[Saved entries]

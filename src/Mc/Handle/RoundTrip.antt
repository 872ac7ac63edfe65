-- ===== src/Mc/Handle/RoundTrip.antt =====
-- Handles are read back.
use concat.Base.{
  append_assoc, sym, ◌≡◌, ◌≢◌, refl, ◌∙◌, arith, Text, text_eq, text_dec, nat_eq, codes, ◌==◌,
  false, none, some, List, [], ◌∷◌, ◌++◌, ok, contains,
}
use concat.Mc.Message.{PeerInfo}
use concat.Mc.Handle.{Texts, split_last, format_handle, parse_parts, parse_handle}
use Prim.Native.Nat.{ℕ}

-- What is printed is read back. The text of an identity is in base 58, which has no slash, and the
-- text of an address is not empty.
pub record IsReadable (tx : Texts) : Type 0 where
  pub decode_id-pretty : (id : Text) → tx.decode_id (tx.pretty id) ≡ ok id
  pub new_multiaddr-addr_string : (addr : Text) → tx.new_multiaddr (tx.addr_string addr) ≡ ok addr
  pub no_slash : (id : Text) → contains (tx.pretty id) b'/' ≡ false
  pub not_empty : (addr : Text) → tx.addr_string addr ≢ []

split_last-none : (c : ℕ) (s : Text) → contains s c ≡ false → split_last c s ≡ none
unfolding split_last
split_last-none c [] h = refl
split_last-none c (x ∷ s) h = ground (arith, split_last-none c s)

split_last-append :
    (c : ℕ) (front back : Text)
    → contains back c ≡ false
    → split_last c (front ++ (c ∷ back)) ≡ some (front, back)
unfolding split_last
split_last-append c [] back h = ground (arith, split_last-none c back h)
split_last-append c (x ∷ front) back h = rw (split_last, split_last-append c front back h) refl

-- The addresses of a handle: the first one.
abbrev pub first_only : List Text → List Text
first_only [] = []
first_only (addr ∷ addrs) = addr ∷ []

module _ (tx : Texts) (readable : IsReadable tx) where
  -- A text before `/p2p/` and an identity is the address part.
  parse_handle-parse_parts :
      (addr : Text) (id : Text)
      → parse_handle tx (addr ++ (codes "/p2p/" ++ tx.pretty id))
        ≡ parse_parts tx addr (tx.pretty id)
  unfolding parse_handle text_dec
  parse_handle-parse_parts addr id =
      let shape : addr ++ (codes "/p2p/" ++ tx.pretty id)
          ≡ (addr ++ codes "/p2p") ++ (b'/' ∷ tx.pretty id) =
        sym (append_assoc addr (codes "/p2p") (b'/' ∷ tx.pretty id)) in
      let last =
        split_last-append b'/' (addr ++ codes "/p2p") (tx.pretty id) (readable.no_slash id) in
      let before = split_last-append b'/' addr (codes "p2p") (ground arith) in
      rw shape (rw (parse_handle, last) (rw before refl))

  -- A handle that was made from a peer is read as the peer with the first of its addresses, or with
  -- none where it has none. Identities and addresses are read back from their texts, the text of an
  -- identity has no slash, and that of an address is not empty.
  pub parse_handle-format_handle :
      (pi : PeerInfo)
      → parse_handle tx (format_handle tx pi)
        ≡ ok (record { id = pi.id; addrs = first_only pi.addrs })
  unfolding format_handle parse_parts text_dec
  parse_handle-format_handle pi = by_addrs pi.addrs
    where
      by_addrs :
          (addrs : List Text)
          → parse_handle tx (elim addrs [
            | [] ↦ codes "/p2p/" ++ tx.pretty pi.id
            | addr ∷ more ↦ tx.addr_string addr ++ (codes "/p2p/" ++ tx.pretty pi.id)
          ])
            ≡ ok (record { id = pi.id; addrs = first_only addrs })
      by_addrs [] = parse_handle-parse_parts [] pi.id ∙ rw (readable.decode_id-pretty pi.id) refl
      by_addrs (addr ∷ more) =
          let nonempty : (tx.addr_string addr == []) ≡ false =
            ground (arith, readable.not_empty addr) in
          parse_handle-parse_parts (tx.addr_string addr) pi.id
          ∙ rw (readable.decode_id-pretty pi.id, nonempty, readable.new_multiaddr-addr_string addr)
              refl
* * *
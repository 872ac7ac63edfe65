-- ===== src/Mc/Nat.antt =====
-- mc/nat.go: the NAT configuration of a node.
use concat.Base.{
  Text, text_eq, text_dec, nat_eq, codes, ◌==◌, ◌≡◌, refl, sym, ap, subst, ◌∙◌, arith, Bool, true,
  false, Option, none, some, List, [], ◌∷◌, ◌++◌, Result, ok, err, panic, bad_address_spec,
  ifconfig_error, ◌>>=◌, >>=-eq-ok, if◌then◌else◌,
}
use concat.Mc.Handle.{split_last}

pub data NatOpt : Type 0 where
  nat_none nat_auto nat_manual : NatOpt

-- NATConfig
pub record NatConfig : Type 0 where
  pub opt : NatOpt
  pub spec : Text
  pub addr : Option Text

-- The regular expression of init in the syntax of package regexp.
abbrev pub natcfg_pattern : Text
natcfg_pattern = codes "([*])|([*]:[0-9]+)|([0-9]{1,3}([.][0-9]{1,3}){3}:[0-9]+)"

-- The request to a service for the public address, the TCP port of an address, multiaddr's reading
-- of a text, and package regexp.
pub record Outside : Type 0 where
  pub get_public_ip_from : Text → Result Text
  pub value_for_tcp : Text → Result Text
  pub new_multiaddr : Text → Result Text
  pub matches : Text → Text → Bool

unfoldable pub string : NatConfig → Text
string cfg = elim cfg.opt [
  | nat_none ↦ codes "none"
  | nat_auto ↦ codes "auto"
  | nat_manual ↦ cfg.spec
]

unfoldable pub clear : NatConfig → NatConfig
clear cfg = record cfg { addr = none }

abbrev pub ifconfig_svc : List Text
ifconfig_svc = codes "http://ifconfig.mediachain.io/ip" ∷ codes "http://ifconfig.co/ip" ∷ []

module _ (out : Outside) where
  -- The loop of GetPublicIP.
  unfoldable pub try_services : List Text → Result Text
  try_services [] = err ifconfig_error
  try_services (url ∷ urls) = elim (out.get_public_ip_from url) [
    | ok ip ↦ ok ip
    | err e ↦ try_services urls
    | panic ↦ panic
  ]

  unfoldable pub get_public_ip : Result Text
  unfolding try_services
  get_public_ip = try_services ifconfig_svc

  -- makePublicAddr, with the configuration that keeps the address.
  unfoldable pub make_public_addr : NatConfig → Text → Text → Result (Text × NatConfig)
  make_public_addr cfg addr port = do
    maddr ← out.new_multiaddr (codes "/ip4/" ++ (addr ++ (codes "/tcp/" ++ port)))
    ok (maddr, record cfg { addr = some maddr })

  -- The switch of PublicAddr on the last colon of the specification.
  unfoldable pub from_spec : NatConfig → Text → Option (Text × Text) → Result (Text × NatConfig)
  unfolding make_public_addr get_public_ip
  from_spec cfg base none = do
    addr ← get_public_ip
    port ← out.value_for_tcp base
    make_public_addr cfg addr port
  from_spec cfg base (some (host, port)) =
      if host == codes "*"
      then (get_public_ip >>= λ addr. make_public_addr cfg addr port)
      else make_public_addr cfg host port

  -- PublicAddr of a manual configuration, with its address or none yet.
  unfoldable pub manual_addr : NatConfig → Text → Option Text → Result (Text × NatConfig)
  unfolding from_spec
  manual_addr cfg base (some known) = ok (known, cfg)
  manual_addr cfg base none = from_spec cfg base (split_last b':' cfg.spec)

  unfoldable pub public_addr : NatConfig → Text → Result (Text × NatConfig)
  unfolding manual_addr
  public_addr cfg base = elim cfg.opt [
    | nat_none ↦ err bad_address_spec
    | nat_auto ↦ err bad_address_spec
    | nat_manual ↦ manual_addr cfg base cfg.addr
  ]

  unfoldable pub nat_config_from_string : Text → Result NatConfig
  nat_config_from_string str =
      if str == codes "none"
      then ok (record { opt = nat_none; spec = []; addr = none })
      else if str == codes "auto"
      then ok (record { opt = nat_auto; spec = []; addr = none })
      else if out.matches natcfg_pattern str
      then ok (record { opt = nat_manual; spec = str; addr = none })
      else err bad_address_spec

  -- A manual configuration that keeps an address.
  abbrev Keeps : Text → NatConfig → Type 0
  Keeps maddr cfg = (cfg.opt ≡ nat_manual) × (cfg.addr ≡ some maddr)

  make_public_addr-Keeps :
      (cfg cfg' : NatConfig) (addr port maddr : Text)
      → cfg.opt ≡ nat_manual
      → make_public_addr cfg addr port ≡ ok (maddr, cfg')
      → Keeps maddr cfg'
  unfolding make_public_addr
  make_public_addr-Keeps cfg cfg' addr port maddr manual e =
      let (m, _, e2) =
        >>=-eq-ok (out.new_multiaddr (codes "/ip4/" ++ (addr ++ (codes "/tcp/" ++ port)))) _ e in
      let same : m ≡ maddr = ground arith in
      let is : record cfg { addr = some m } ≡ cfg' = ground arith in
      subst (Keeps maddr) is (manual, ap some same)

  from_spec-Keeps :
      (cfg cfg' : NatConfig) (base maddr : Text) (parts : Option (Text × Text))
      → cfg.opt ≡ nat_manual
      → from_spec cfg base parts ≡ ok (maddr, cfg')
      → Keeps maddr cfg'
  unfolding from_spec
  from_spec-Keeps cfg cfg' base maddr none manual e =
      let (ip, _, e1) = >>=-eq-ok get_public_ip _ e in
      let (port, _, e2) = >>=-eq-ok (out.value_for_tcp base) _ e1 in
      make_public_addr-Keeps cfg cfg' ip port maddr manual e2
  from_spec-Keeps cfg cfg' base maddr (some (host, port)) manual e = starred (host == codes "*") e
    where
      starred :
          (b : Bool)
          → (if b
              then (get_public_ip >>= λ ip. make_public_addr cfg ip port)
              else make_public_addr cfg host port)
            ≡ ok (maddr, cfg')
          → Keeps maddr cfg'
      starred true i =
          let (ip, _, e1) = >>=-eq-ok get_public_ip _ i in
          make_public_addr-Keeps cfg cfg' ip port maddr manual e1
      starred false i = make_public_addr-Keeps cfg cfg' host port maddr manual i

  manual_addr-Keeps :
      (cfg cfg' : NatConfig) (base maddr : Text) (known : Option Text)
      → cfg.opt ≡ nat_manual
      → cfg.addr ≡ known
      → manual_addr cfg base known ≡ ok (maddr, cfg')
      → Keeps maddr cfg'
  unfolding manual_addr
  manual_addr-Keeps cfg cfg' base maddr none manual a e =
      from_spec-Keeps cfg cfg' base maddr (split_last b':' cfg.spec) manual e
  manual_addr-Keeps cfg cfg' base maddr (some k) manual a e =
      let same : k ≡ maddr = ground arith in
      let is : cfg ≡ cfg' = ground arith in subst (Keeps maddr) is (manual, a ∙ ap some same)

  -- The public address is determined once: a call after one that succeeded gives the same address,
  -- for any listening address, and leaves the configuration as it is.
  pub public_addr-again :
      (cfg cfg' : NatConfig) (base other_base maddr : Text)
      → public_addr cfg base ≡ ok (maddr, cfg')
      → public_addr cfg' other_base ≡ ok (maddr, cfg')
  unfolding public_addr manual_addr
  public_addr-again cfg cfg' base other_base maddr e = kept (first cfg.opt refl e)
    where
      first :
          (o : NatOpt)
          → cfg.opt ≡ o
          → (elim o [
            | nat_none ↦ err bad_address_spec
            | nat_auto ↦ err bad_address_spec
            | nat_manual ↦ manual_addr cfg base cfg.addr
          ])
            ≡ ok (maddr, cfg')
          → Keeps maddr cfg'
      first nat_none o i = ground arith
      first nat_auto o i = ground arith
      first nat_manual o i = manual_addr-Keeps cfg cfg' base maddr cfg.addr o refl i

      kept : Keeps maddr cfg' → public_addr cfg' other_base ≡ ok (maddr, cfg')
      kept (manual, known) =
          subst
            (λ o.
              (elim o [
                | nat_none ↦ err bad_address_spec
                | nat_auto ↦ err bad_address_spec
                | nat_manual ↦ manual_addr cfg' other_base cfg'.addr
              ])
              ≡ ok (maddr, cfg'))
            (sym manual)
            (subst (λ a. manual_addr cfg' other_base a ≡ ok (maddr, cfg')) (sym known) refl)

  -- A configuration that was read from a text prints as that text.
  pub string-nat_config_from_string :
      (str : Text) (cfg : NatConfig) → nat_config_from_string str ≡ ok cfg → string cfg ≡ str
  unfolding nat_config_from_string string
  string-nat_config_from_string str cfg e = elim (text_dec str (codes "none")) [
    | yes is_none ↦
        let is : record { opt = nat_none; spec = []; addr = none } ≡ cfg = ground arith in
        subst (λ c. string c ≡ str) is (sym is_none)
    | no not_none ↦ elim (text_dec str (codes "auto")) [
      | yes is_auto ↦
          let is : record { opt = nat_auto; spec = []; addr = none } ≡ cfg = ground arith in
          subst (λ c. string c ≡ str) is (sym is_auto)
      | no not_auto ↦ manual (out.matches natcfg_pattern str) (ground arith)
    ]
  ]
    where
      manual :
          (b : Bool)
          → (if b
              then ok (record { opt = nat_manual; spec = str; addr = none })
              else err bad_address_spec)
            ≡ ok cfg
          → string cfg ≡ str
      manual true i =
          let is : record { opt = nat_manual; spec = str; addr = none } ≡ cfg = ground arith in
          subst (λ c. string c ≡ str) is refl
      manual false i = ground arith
...
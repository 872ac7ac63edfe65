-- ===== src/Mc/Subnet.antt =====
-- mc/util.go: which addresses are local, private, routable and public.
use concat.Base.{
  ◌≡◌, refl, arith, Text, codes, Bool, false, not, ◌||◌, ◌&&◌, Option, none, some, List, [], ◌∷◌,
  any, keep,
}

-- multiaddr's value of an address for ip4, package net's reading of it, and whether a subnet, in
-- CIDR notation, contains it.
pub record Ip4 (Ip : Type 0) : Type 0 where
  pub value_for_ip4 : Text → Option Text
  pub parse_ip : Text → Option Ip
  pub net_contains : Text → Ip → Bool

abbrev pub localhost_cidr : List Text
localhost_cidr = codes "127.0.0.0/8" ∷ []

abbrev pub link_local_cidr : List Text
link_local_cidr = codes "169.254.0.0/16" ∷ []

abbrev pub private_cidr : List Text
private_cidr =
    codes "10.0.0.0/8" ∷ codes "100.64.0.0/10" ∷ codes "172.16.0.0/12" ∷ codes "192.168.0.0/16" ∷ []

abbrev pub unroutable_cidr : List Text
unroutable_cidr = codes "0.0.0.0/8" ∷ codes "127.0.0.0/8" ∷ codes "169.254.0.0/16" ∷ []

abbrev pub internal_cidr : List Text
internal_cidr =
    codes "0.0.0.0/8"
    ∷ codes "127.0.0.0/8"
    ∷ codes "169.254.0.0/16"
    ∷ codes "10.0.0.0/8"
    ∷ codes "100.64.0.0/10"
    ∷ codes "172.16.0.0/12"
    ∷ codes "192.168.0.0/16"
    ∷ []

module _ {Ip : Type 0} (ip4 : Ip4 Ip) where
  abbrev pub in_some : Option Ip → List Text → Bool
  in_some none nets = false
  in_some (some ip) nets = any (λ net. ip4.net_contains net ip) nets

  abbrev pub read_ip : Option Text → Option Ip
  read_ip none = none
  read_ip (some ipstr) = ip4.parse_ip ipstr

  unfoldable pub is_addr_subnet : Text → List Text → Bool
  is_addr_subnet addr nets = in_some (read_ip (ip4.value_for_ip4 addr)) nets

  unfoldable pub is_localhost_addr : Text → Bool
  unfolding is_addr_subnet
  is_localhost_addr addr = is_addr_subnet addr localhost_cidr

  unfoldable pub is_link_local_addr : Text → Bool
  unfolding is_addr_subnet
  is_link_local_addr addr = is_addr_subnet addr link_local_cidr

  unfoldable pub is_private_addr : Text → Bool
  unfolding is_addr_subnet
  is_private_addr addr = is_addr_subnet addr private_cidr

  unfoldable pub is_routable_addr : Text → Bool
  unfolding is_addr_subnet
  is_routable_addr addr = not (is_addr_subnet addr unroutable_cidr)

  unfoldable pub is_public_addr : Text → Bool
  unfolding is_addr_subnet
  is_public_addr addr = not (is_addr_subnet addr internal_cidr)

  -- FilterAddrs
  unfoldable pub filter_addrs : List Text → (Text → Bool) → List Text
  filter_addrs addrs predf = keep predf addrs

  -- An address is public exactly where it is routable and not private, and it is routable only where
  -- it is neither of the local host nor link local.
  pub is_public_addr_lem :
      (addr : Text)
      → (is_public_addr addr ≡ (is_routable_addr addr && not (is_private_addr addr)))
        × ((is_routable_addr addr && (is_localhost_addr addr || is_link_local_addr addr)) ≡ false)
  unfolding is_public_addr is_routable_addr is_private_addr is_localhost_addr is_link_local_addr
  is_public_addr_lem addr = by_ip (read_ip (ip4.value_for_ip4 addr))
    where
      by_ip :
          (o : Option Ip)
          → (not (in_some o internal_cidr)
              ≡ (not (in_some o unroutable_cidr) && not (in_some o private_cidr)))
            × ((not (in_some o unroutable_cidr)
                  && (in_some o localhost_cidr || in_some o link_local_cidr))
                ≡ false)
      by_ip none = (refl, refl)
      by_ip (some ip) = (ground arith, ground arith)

Activity:
The lines above that hold "nonempty" are the result; show every one of them.

Your solution:
          let nonempty : (tx.addr_string addr == []) ≡ false =
          ∙ rw (readable.decode_id-pretty pi.id, nonempty, readable.new_multiaddr-addr_string addr)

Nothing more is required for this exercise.